EXTRACTED ENTRIES section start
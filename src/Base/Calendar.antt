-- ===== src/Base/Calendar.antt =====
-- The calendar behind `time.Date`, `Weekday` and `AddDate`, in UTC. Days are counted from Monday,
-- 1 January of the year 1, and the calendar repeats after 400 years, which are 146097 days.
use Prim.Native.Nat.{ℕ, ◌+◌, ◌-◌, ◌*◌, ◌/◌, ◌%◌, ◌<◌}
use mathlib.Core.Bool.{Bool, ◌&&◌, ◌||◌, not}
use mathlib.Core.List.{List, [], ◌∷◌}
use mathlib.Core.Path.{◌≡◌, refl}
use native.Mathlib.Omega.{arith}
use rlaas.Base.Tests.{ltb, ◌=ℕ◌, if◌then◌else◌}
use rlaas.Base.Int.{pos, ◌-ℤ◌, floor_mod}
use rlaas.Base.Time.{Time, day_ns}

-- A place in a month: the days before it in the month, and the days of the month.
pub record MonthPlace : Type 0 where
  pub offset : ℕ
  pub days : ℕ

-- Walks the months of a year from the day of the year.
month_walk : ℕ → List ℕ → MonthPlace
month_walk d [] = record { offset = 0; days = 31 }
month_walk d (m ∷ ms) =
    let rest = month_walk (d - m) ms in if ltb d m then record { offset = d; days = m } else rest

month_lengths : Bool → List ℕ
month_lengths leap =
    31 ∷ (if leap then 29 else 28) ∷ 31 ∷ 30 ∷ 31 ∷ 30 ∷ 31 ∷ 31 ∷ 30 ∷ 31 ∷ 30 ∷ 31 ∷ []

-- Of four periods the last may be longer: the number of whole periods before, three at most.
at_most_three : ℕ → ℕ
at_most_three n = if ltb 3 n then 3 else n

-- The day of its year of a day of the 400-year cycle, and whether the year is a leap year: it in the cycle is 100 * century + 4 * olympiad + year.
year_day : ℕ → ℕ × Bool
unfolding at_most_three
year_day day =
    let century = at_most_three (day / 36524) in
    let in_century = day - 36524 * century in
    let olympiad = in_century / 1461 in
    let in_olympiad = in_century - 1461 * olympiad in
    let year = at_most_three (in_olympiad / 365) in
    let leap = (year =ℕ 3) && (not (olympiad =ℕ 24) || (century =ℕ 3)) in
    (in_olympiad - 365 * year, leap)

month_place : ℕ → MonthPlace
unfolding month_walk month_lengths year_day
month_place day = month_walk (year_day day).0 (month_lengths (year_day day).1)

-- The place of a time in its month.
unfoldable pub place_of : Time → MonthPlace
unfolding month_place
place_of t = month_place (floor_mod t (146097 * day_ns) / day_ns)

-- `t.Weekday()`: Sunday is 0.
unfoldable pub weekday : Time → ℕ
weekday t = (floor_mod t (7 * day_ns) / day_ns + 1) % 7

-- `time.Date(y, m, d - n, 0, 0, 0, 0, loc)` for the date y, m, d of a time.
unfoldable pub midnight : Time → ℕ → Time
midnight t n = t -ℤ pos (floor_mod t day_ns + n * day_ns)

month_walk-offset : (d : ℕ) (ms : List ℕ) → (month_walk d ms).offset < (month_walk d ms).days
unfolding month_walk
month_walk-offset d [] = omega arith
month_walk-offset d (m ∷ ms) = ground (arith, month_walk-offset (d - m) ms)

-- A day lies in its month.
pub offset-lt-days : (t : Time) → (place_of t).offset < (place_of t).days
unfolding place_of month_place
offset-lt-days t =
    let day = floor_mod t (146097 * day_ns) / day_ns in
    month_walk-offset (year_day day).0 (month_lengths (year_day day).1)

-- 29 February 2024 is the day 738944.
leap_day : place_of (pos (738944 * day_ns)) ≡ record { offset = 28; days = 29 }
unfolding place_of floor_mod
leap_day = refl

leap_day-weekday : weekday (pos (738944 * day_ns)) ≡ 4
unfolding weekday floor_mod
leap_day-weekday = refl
EXTRACTED ENTRIES section end
EXTRACTED ENTRIES section start
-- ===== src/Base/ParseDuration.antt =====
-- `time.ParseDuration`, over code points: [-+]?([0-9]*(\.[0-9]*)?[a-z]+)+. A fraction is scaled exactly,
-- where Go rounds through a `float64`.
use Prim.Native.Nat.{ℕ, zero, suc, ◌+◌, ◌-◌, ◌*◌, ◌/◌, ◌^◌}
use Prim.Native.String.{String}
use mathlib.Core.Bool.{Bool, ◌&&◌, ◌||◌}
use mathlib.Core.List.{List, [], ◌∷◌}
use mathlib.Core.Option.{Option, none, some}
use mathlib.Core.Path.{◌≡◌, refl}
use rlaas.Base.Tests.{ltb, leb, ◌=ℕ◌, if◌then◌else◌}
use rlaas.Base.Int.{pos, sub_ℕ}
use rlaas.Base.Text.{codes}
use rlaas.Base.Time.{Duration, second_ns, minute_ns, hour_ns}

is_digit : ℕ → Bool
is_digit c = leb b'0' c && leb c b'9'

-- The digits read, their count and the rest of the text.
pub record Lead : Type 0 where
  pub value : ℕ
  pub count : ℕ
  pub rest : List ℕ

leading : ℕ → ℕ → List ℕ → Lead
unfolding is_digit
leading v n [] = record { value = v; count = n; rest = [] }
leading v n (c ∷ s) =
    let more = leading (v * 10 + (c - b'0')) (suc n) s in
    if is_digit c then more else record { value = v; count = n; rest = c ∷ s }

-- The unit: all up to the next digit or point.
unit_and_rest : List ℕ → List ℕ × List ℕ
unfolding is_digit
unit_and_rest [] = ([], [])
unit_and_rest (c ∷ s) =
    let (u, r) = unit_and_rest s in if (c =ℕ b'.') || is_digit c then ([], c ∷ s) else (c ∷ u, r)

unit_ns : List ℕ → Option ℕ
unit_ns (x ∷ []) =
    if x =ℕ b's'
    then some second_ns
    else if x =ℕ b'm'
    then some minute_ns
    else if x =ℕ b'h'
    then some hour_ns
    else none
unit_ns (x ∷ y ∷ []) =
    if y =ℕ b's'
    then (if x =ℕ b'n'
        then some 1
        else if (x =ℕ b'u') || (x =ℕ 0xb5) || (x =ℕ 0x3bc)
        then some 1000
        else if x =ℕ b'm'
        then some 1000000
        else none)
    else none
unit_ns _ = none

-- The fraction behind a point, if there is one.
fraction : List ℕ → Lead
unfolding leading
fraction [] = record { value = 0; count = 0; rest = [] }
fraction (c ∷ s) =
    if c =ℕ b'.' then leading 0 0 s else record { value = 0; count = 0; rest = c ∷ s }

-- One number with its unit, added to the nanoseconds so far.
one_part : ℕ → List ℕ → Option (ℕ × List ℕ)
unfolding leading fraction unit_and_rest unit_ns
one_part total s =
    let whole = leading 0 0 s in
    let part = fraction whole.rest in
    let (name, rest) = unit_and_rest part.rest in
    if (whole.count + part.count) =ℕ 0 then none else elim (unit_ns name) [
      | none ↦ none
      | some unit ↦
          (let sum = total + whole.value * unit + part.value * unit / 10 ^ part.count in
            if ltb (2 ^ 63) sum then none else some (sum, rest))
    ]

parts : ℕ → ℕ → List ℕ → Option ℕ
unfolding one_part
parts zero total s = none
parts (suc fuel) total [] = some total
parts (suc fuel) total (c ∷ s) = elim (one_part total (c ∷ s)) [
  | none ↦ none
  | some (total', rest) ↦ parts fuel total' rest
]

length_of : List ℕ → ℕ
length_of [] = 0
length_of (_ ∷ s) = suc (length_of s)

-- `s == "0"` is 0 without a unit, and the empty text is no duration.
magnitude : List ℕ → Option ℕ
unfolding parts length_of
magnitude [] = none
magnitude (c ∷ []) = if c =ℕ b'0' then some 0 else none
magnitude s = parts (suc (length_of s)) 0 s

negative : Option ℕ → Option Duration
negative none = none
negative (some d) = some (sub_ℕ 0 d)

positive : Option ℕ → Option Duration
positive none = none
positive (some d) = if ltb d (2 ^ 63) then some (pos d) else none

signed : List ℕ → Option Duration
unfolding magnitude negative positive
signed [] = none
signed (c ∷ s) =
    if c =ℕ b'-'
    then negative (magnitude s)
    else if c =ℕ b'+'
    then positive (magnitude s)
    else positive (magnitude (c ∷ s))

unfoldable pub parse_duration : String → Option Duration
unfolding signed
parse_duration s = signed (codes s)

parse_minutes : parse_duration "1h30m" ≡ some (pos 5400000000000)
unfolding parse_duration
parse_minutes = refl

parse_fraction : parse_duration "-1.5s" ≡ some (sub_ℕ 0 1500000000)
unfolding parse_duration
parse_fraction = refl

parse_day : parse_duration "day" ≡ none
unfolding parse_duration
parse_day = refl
EXTRACTED ENTRIES section end
- [EXERCISE REQUIREMENTS]
Copy every line of the data that carries the word "String".

- [SOLUTION BELOW]
use Prim.Native.String.{String}
unfoldable pub parse_duration : String → Option Duration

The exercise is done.